Mouth Piece, 1978

1 Pouce NTSC, couleur, son



Mouthpiece, par l'interactivité fictive du corps de l'artiste sur l'image, simule avec humour une performance vidéo. Une action enregistrée en noir et blanc est superposée à un dessin en série. La simulation de l'action est produite par la transparence et l'effet de réalité de l'enregistrement en temps réel.
La fiction est construite sur le schéma du fantasme tourné en dérision. Une série de bouches identiques, pulpeuses et rouges, défilent en colonne. La bouche de l'artiste enregistrée transparaît en arrière-plan et embrasse ces images. Mais le défilement de la série s'accélère, offrant ainsi un défi au baiser qui ne peut plus être posé sur les formes. La réaction de l'artiste est alors de faire vibrer ses lèvres en produisant le son "brbrbr", si bien que les dessins se déplacent rapidement et s'entremêlent, comme si les ondes sonores gagnaient la matière même de l'image. Face à cet affolement ludique l'artiste tire la langue en exprimant avec humour une onomatopée d'écoeurement. Puis ces séquences défilent une deuxième fois. Ces trois phases simulent en temps réel l'interaction entre deux niveaux d'image, et entre le son et l'image.

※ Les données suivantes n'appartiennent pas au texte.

-- ===== src/Packet/Respond.antt =====
-- edio24_pkt_create_respond of src/libedio24.c: the device's reply to a command.
pub mod Laws
use libedio.Base.{ℕ, zero, suc, ◌+◌, ◌-◌, ◌%◌, ◌^◌, Option, none, some, [], ◌∷◌, bit_or}
use libedio.Base.{Buffer, store_all, memmove, ℤ, pos, negsuc, ltb, if◌then◌else◌, ◌>>=◌}
use libedio.Protocol.{
  msg_index_start, msg_index_command, msg_index_frame, msg_index_status, msg_index_count_low,
  msg_index_count_high, msg_index_data, msg_start, msg_reply,
}
use libedio.Packet.Frame.{low_byte, byte_from, seal}

-- The header, the checksum and the size, after the data were moved.
respond_header : Buffer → ℕ → ℕ → ℕ → ℕ → Option (ℤ × Option Buffer)
respond_header b cmd frame_id status data_count = do
  b₁ ← store_all b (
      (msg_index_start, msg_start)
      ∷ (msg_index_command, bit_or cmd msg_reply)
      ∷ (msg_index_frame, frame_id)
      ∷ (msg_index_status, status)
      ∷ (msg_index_count_low, low_byte data_count)
      ∷ (msg_index_count_high, byte_from 8 data_count)
      ∷ [])
  b₂ ← seal b₁ (msg_index_data + data_count)
  some (pos (msg_index_data + 1 + data_count), some b₂)

-- `if (data_count_respond > 0)`, with the test of `buffer_data` inside
respond_data : Buffer → ℕ → ℕ → ℕ → ℕ → Option Buffer → Option (ℤ × Option Buffer)
unfolding respond_header
respond_data b cmd frame_id status zero buffer_data = respond_header b cmd frame_id status 0
respond_data b cmd frame_id status (suc n) none = some (negsuc 0, some b)
respond_data b cmd frame_id status (suc n) (some src) = do
  b₁ ← memmove b msg_index_data src (suc n)
  respond_header b₁ cmd frame_id status (suc n)

-- `buffer_data` may be `buffer_out` itself. The size test is on `size_t`, which wraps.
unfoldable pub create_respond :
    Option Buffer → ℕ → ℕ → ℕ → ℕ → ℕ → Option Buffer → Option (ℤ × Option Buffer)
unfolding respond_data
create_respond none sz_out cmd frame_id status data_count buffer_data = some (negsuc 0, none)
create_respond (some b) sz_out cmd frame_id status data_count buffer_data =
    if ltb sz_out ((msg_index_data + 1 + data_count) % 2 ^ 64)
    then some (negsuc 0, some b)
    else respond_data b cmd frame_id status data_count buffer_data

La bouche est, dans des approches différentes de la communication, un sujet récurrent dans la vidéo des années 1970 : Gary Hill, dans Primary (1978), décompose les mouvements de la bouche pendant l'articulation des mots "blue, red, green". Bruce Nauman, dans 
Lyp Sync (1969), joue par la répétition du titre sur la synchronisation de l'image des lèvres et de la voix off. Vito Acconci, dans Open Book (1974), invite le spectateur à entrer dans sa bouche grande ouverte.